= Livingston & Evans =

Livingston and Evans were the songwriting and composing team of Jay Livingston (1915–2001) and Ray Evans (1915–2007), who worked on movies, television and stage.

They met while attending the University of Pennsylvania in Philadelphia. They played together in bands. In either 1937 or 1938, the pair moved to New York City to begin their songwriting careers. They wrote the 1940 hit song "Goodbye Now" for the 1938 Broadway musical revue Hellzapoppin, but years went by without further success.

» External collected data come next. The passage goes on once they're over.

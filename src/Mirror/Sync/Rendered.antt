-- ===== src/Mirror/Sync/Rendered.antt =====
-- workspace/pipelinemirror.go: what a successful sync leaves in the repo.
use workspace_api.Base.{
  ◌≡◌, refl, ap, subst, ◌∙◌, true, false, Option, none, some, List, [], Text, is_some, Map, lookup,
  Result, box_credential_not_found, repo_file_changed, ok, err, M, next, ◌>>=◌, attempted,
  next-eq-ok, Ensures, Ensures-bind, Ensures-pure, Ensures-fail, of_result,
}
use workspace_api.Model.{
  Pipeline, Workspace, CommitAuthor, DefinitionFile, DefinitionRender, CredentialFile,
}
use workspace_api.Postgres.{list_pipelines, list_credentials, get_credential_renders}
use workspace_api.Mirror.Slug.{pipeline_file_slugs}
use workspace_api.Mirror.World.{RepoClient, World, Mirror, on_db}
use workspace_api.Mirror.Files.{
  is_credential_path, is_definition_path, render_pipeline_files, build_credential_files,
}
use workspace_api.Mirror.Effects.{IsRepo}
use workspace_api.Mirror.Converge.{converge}
use workspace_api.Mirror.Converge.Expected.{expected}
use workspace_api.Mirror.Converge.Whole.{AreCredentialPaths, converge-expected}
use workspace_api.Mirror.Sync.{
  copied, resolve_file_uploads, client_for, DesiredCredentials, credential_files_for,
  desired_credential_files, definition_render_rows, after_first, with_retry, sync_with,
  sync_customer,
}
use workspace_api.Mirror.Sync.Paths.{
  AllPaths, render_pipeline_files-paths, build_credential_files-paths,
}

module _ {R : Type 0} (m : Mirror R) where
  abbrev HasPaths : DesiredCredentials m → Type 0
  HasPaths wanted = AreCredentialPaths wanted.0

  none_yet : AllPaths {V = CredentialFile} is_credential_path true []
  unfolding lookup
  none_yet q h = cc

  no_definitions : AllPaths {V = DefinitionFile} is_credential_path false []
  unfolding lookup
  no_definitions q h = cc

  credential_files_for-paths :
      (slug : Text) (ps : List Pipeline) (slugs extra : Map Text) (key : Result Text)
      → Ensures (credential_files_for m slug ps slugs extra key) (λ wanted t. HasPaths wanted)
  unfolding credential_files_for AreCredentialPaths
  credential_files_for-paths slug ps slugs extra (ok key) =
      let P : DesiredCredentials m → World R → Type 0 = λ wanted t. HasPaths wanted in
      Ensures-bind (on_db (list_credentials slug)) _ (λ _. Unit {0}) P (λ w t a e. tt)
        λ credentials _.
          Ensures-bind (on_db (get_credential_renders slug)) _ (λ _. Unit {0}) P (λ w t a e. tt)
            λ renders _.
              Ensures-bind (build_credential_files m slug slugs (copied credentials extra) ps []) _
                (AllPaths is_credential_path true) P
                (λ w t a e.
                  build_credential_files-paths m slug slugs (copied credentials extra) ps [] w t
                    none_yet e)
                λ files all. Ensures-pure HasPaths (some files, key, renders) all
  credential_files_for-paths slug ps slugs extra (err box_credential_not_found) =
      Ensures-pure HasPaths (some [], [], []) none_yet
  credential_files_for-paths slug ps slugs extra (err e) =
      Ensures-fail (λ wanted t. HasPaths wanted) e

  desired_credential_files-paths :
      (slug : Text) (ps : List Pipeline) (slugs extra : Map Text)
      (key : Option (Text → Result Text))
      → Ensures (desired_credential_files m slug ps slugs extra key) (λ wanted t. HasPaths wanted)
  unfolding desired_credential_files AreCredentialPaths
  desired_credential_files-paths slug ps slugs extra none = Ensures-pure HasPaths (none, [], []) tt
  desired_credential_files-paths slug ps slugs extra (some age_key) =
      credential_files_for-paths slug ps slugs extra (age_key slug)

  -- A retried operation promises what the operation does.
  Ensures-after_first :
      (once : M (World R) (Unit {0})) (P : World R → Type 0)
      → Ensures once (λ u t. P t)
      → (r : Result (Unit {0}) × World R) (t : World R) → ((u : World R) → r ≡ (ok tt, u) → P u)
      → next (attempted r) (after_first m once) ≡ (ok tt, t)
      → P t
  unfolding after_first
  Ensures-after_first once P h (ok u, w) t k e = subst P (ap (λ r. r.1) e) (k w refl)
  Ensures-after_first once P h (err repo_file_changed, w) t k e = h w t tt e
  Ensures-after_first once P h (err x, w) t k e = cc

  Ensures-with_retry :
      (once : M (World R) (Unit {0})) (P : World R → Type 0)
      → Ensures once (λ u t. P t)
      → Ensures (with_retry m once) (λ u t. P t)
  unfolding with_retry
  Ensures-with_retry once P h w t u e =
      Ensures-after_first once P h (once w) t (λ v k. h w v tt k) e

  module _ (file : R → Text → Option Text) (client : RepoClient R) (repo : IsRepo client file) where
    -- The files of a set of definitions are in the repo.
    abbrev pub Holds : Map DefinitionFile → World R → Type 0
    Holds desired t =
        (q : Text) (df : DefinitionFile)
        → lookup q desired ≡ some df
        → file t.repo q ≡ some df.content

    converge-Holds :
        (slug : Text) (author : Option CommitAuthor) (desired : Map DefinitionFile)
        (wanted : DesiredCredentials m) (def_renders : Map DefinitionRender)
        → HasPaths wanted
        → AllPaths is_credential_path false desired
        → Ensures
            (converge m client author slug desired wanted.0 wanted.1 wanted.2 def_renders)
            (λ u t. Holds desired t)
    unfolding expected
    converge-Holds slug author desired wanted def_renders c all w t u e q df f =
        converge-expected file client repo author m slug desired wanted.0 wanted.1 wanted.2
          def_renders w t c e q (all q (ap is_some f))
        ∙ ap (λ o. expected o (is_definition_path q) (file w.repo q)) f

    -- The calls after the definitions are rendered.
    tail-Holds :
        (slug : Text) (author : Option CommitAuthor) (desired : Map DefinitionFile)
        (ps : List Pipeline) (slugs extra : Map Text)
        → AllPaths is_credential_path false desired
        → Ensures
            (desired_credential_files m slug ps slugs extra m.age_keys >>= λ wanted.
              definition_render_rows m slug >>= λ def_renders.
              with_retry m
                (converge m client author slug desired wanted.0 wanted.1 wanted.2 def_renders))
            (λ u t. Holds desired t)
    tail-Holds slug author desired ps slugs extra all =
        let P : Unit {0} → World R → Type 0 = λ u t. Holds desired t in
        Ensures-bind (desired_credential_files m slug ps slugs extra m.age_keys) _ HasPaths P
          (desired_credential_files-paths slug ps slugs extra m.age_keys)
          λ wanted c.
            Ensures-bind (definition_render_rows m slug) _ (λ _. Unit {0}) P (λ w t a e. tt)
              λ def_renders _.
                Ensures-with_retry
                  (converge m client author slug desired wanted.0 wanted.1 wanted.2 def_renders)
                  (Holds desired) (converge-Holds slug author desired wanted def_renders c all)

    -- The entries of the rendered map are in the repo after a sync that succeeds.
    pub sync_customer-Holds :
        (slug : Text) (author : Option CommitAuthor) (ws : Workspace) (w t : World R)
        → client_for m slug ≡ ok (some (client, ws))
        → sync_customer m slug author w ≡ (ok tt, t)
        → (rows : List Pipeline) × (desired : Map DefinitionFile) × ((list_pipelines slug w.db).0
            ≡ ok rows)
          × (render_pipeline_files m
                (resolve_file_uploads m ws rows).0
                (pipeline_file_slugs (resolve_file_uploads m ws rows).0)
                []
              ≡ ok desired)
          × Holds desired t
    unfolding sync_customer sync_with on_db
    sync_customer-Holds slug author ws w t scope h =
        let (rows, w1, e1, h1) = next-eq-ok (on_db (list_pipelines slug) w) _ (rw scope at h) in
        let resolved = resolve_file_uploads m ws rows in
        let slugs = pipeline_file_slugs resolved.0 in
        let rendered = render_pipeline_files m resolved.0 slugs [] in
        let (desired, w2, e2, h2) = next-eq-ok (of_result rendered w1) _ h1 in
        let e3 : rendered ≡ ok desired = ap (λ r. r.0) e2 in
        (
          rows,
          desired,
          ap (λ r. r.0) e1,
          e3,
          tail-Holds slug author desired resolved.0 slugs resolved.1
              (render_pipeline_files-paths m resolved.0 slugs [] no_definitions e3) w2 t tt h2,
        )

In 1944, they moved to Hollywood at the encouragement of Johnny Mercer to work in films. The following year, they were signed by Paramount Pictures. In 1946, five versions of their "To Each His Own" (performed by Eddy Howard, Tony Martin, Freddy Martin & His Orchestra, The Modernaires and The Ink Spots) were in the Top Ten on the Billboard charts simultaneously, with three eventually peaking at number one.

Some of their best known songs are:
- the Christmas song "Silver Bells"
- "Buttons and Bows"
- "Mona Lisa"
- "Que Sera, Sera"
- "Tammy"

They also wrote the theme music for the television shows Bonanza and Mister Ed, with Livingston singing the lyrics for the latter: "A horse is a horse, of course, of course ...".

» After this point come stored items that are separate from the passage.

-- ===== src/Mirror/Sync/Content.antt =====
-- workspace/pipelinemirror.go: the definition that a sync leaves in the repo for a pipeline.
use workspace_api.Base.{
  ◌≡◌, refl, ap, sym, subst, ◌∙◌, Bool, true, false, not, ◌&&◌, ◌||◌, ◌⊎◌, inl, inr, Option, none,
  some, List, [], ◌∷◌, ◌++◌, Text, same, same_refl, has, Map, lookup, insert, lookup-insert, Result,
  ok, err, ok-inj, and_then-eq-ok, arith, if◌then◌else◌,
}
use workspace_api.Model.{Pipeline, Workspace, CommitAuthor, DefinitionFile, is_empty_json}
use workspace_api.Postgres.{list_pipelines}
use workspace_api.Mirror.Slug.{pipeline_file_slugs}
use workspace_api.Mirror.World.{RepoClient, World, Mirror}
use workspace_api.Mirror.Files.{
  pipeline_file_header, definition_path, slug_of, render_pipeline_file, render_pipeline_files,
}
use workspace_api.Mirror.Effects.{IsRepo}
use workspace_api.Mirror.Sync.{
  file_upload, resolved_upload, resolve_each, resolve_file_uploads, client_for, sync_customer,
}
use workspace_api.Mirror.Sync.Rendered.{sync_customer-Holds}

-- The YAML of a pipeline, behind the header of rendered files: every field of the definition is the
-- pipeline's, and its config is the decoded one.
pub record IsRendered {R : Type 0} (m : Mirror R) (p : Pipeline) (content : Text) : Type 0 where
  pub source_config : Text
  pub yaml : Text
  pub decoded :
      (if is_empty_json p.source_config then ok [] else m.unmarshal_config p.source_config)
      ≡ ok source_config
  pub marshalled :
      m.marshal_file (record {
        id = p.id;
        name = p.name;
        source_type = p.source_type;
        source_config = source_config;
        dataset_name = p.dataset_name;
        schedule = p.schedule;
        write_disposition = p.write_disposition;
        merge_strategy = p.merge_strategy;
        enabled = p.enabled;
      })
      ≡ ok yaml
  pub headed : content ≡ pipeline_file_header ++ yaml

-- The path of a pipeline's definition.
abbrev pub path_in : Map Text → Pipeline → Text
path_in slugs p = definition_path (slug_of slugs p.id)

abbrev pub takes : Map Text → Text → Pipeline → Bool
takes slugs path p = same (path_in slugs p) path

has-append :
    {A : Type 0} (test : A → Bool) (x : A) (xs ys : List A)
    → test x ≡ true
    → has test (xs ++ x ∷ ys) ≡ true
unfolding has
has-append test x [] ys h = rw h refl
has-append test x (y ∷ xs) ys h = ground (arith, has-append test x xs ys h)

module _ {R : Type 0} (m : Mirror R) where
  render_pipeline_file-IsRendered :
      (p : Pipeline) (content : Text)
      → render_pipeline_file m p ≡ ok content
      → IsRendered m p content
  unfolding render_pipeline_file
  render_pipeline_file-IsRendered p content h =
      let (config, decoded, h1) =
        and_then-eq-ok
          (if is_empty_json p.source_config then ok [] else m.unmarshal_config p.source_config) _
          h in
      let (yaml, marshalled, h2) = and_then-eq-ok (m.marshal_file _) _ h1 in
      record {
        source_config = config;
        yaml = yaml;
        decoded = decoded;
        marshalled = marshalled;
        headed = sym (ok-inj h2);
      }

  -- A path that no later pipeline takes keeps its file.
  render_pipeline_files-kept :
      (ps : List Pipeline) (slugs : Map Text) (files desired : Map DefinitionFile) (path : Text)
      → has (takes slugs path) ps ≡ false
      → render_pipeline_files m ps slugs files ≡ ok desired
      → lookup path desired ≡ lookup path files
  unfolding render_pipeline_files has
  render_pipeline_files-kept [] slugs files desired path u h = ap (lookup path) (sym (ok-inj h))
  render_pipeline_files-kept (p ∷ ps) slugs files desired path u h =
      let (content, first, rest) = and_then-eq-ok (render_pipeline_file m p) _ h in
      let file : DefinitionFile = record { pipeline_id = p.id; content = content } in
      let (other, others) = neither (takes slugs path p) (has (takes slugs path) ps) u in
      render_pipeline_files-kept ps slugs (insert (path_in slugs p) file files) desired path others
        rest
      ∙ lookup-insert (path_in slugs p) path file files
      ∙ rw other refl
    where
      neither : (a b : Bool) → (a || b) ≡ false → (a ≡ false) × (b ≡ false)
      neither true b k = cc
      neither false b k = (refl, k)

  render_pipeline_files-content :
      (before after : List Pipeline) (q : Pipeline) (slugs : Map Text)
      (files desired : Map DefinitionFile)
      → has (takes slugs (path_in slugs q)) after ≡ false
      → render_pipeline_files m (before ++ q ∷ after) slugs files ≡ ok desired
      → (content : Text) × IsRendered m q content
        × (lookup (path_in slugs q) desired
            ≡ some (record { pipeline_id = q.id; content = content }))
  unfolding render_pipeline_files
  render_pipeline_files-content [] after q slugs files desired u h =
      let (content, first, rest) = and_then-eq-ok (render_pipeline_file m q) _ h in
      let path = path_in slugs q in
      let file : DefinitionFile = record { pipeline_id = q.id; content = content } in
      (
        content,
        render_pipeline_file-IsRendered q content first,
        render_pipeline_files-kept after slugs (insert path file files) desired path u rest
            ∙ lookup-insert path path file files
            ∙ rw (same_refl path) refl,
      )
  render_pipeline_files-content (p ∷ before) after q slugs files desired u h =
      let (content, first, rest) = and_then-eq-ok (render_pipeline_file m p) _ h in
      render_pipeline_files-content before after q slugs _ desired u rest

  -- What the worker loads for a listed pipeline: the pipeline itself, or what a file upload resolves to.
  abbrev pub IsLoadedAs : Workspace → Pipeline → Pipeline → Type 0
  IsLoadedAs ws p q =
      ((same p.source_type file_upload ≡ false) × (q ≡ p))
      ⊎ ((same p.source_type file_upload ≡ true)
          × (m.has_storage ws ≡ true)
          × (m.resolve_file_upload ws p ≡ ok (some q)))

  -- The part of the listed pipelines that is kept.
  abbrev pub kept : Workspace → List Pipeline → List Pipeline → List Pipeline
  kept ws rows part =
      (resolve_each m ws (has (λ r. same r.source_type file_upload) rows && m.has_storage ws)
        part).0

  resolve_each-here :
      (ws : Workspace) (storage_ok : Bool) (p q : Pipeline) (after : List Pipeline)
      → IsLoadedAs ws p q
      → (same p.source_type file_upload ≡ true → storage_ok ≡ true)
      → (resolve_each m ws storage_ok (p ∷ after)).0 ≡ q ∷ (resolve_each m ws storage_ok after).0
  unfolding resolve_each resolved_upload
  resolve_each-here ws storage_ok p q after (inl (plain, e)) on =
      rw plain (ap (λ x. x ∷ (resolve_each m ws storage_ok after).0) (sym e))
  resolve_each-here ws true p q after (inr (upload, stored, e)) on = rw (upload, e) refl
  resolve_each-here ws false p q after (inr (upload, stored, e)) on = cc (on upload)

  resolve_each-append :
      (ws : Workspace) (storage_ok : Bool) (before rest : List Pipeline)
      → (resolve_each m ws storage_ok (before ++ rest)).0
        ≡ (resolve_each m ws storage_ok before).0 ++ (resolve_each m ws storage_ok rest).0
  unfolding resolve_each resolved_upload
  resolve_each-append ws storage_ok [] rest = refl
  resolve_each-append ws storage_ok (p ∷ before) rest =
      by_tests (not (same p.source_type file_upload)) storage_ok (m.resolve_file_upload ws p)
        (resolve_each-append ws storage_ok before rest)
    where
      xs : List Pipeline × Map Text
      xs = resolve_each m ws storage_ok (before ++ rest)

      ys : List Pipeline × Map Text
      ys = resolve_each m ws storage_ok before

      zs : List Pipeline
      zs = (resolve_each m ws storage_ok rest).0

      by_result :
          (r : Result (Option Pipeline))
          → xs.0 ≡ ys.0 ++ zs
          → (resolved_upload m p.id r xs).0 ≡ (resolved_upload m p.id r ys).0 ++ zs
      by_result (err e) k = k
      by_result (ok none) k = k
      by_result (ok (some x)) k = ap (λ t. x ∷ t) k

      by_tests :
          (plain on : Bool) (r : Result (Option Pipeline))
          → xs.0 ≡ ys.0 ++ zs
          → (if plain
              then (p ∷ xs.0, xs.1)
              else if not on
              then xs
              else resolved_upload m p.id r xs).0
            ≡ (if plain
                then (p ∷ ys.0, ys.1)
                else if not on
                then ys
                else resolved_upload m p.id r ys).0
              ++ zs
      by_tests true on r e = ap (λ t. p ∷ t) e
      by_tests false false r e = e
      by_tests false true r e = by_result r e

  kept-here :
      (ws : Workspace) (before after : List Pipeline) (p q : Pipeline)
      → IsLoadedAs ws p q
      → kept ws (before ++ p ∷ after) (before ++ p ∷ after)
        ≡ kept ws (before ++ p ∷ after) before ++ q ∷ kept ws (before ++ p ∷ after) after
  kept-here ws before after p q loaded =
      let rows = before ++ p ∷ after in
      let storage_ok =
        has (λ (r : Pipeline). same r.source_type file_upload) rows && m.has_storage ws in
      resolve_each-append ws storage_ok before (p ∷ after)
      ∙ ap (λ t. kept ws rows before ++ t)
          (resolve_each-here ws storage_ok p q after loaded (storage_on loaded))
    where
      storage_on :
          IsLoadedAs ws p q
          → same p.source_type file_upload ≡ true
          → (has (λ (r : Pipeline). same r.source_type file_upload) (before ++ p ∷ after)
              && m.has_storage ws)
            ≡ true
      storage_on (inl (plain, e)) upload = cc (plain, upload)
      storage_on (inr (u, stored, e)) upload =
          rw
            (
              has-append (λ (r : Pipeline). same r.source_type file_upload) p before after upload,
              stored,
            )
            refl

  module _ (file : R → Text → Option Text) (client : RepoClient R) (repo : IsRepo client file) where
    -- After a sync that succeeds for a customer in scope, the repo holds the definition of a listed
    -- pipeline `p`, in the form `q` that the worker loads (`p` itself, or what its file upload resolves
    -- to), at the path of its slug, unless a later one takes the same path: the header of rendered files
    -- and the YAML of the fields of `q`, its config decoded. It holds also if the first attempt met a
    -- conflicting commit. Nobody else commits during an attempt.
    pub sync_customer-renders :
        (slug : Text) (author : Option CommitAuthor) (ws : Workspace) (w t : World R)
        (before after : List Pipeline) (p q : Pipeline)
        → let rows = before ++ p ∷ after in
          let slugs = pipeline_file_slugs (kept ws rows rows) in
          client_for m slug ≡ ok (some (client, ws))
          → (list_pipelines slug w.db).0 ≡ ok rows
          → IsLoadedAs ws p q
          → has (takes slugs (path_in slugs q)) (kept ws rows after) ≡ false
          → sync_customer m slug author w ≡ (ok tt, t)
          → (content : Text) × IsRendered m q content
            × (file t.repo (path_in slugs q) ≡ some content)
    unfolding resolve_file_uploads
    sync_customer-renders slug author ws w t before after p q scope listed loaded last_one h =
        let (listed_rows, desired, read, rendered, holds) =
          sync_customer-Holds m file client repo slug author ws w t scope h in
        let rows = before ++ p ∷ after in
        let same_rows : listed_rows ≡ rows = ok-inj (sym read ∙ listed) in
        let slugs = pipeline_file_slugs (kept ws rows rows) in
        let rendered_rows : render_pipeline_files m (kept ws rows rows) slugs [] ≡ ok desired =
          subst
            (λ x.
              render_pipeline_files m (kept ws x x) (pipeline_file_slugs (kept ws x x)) []
              ≡ ok desired)
            same_rows rendered in
        let (content, is_rendered, found) =
          render_pipeline_files-content (kept ws rows before) (kept ws rows after) q slugs []
            desired last_one
            (subst (λ x. render_pipeline_files m x slugs [] ≡ ok desired)
              (kept-here ws before after p q loaded) rendered_rows) in
        (content, is_rendered, holds (path_in slugs q) _ found)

They received three Academy Awards for Best Song - for "Buttons and Bows" in The Paleface (1948), "Mona Lisa" in Captain Carey, U.S.A. (1950) and "Que Sera Sera" in The Man Who Knew Too Much (1956) - and a total of seven nominations. The duo appeared as themselves in the 1950 film Sunset Boulevard. They have a star together on the Hollywood Walk of Fame.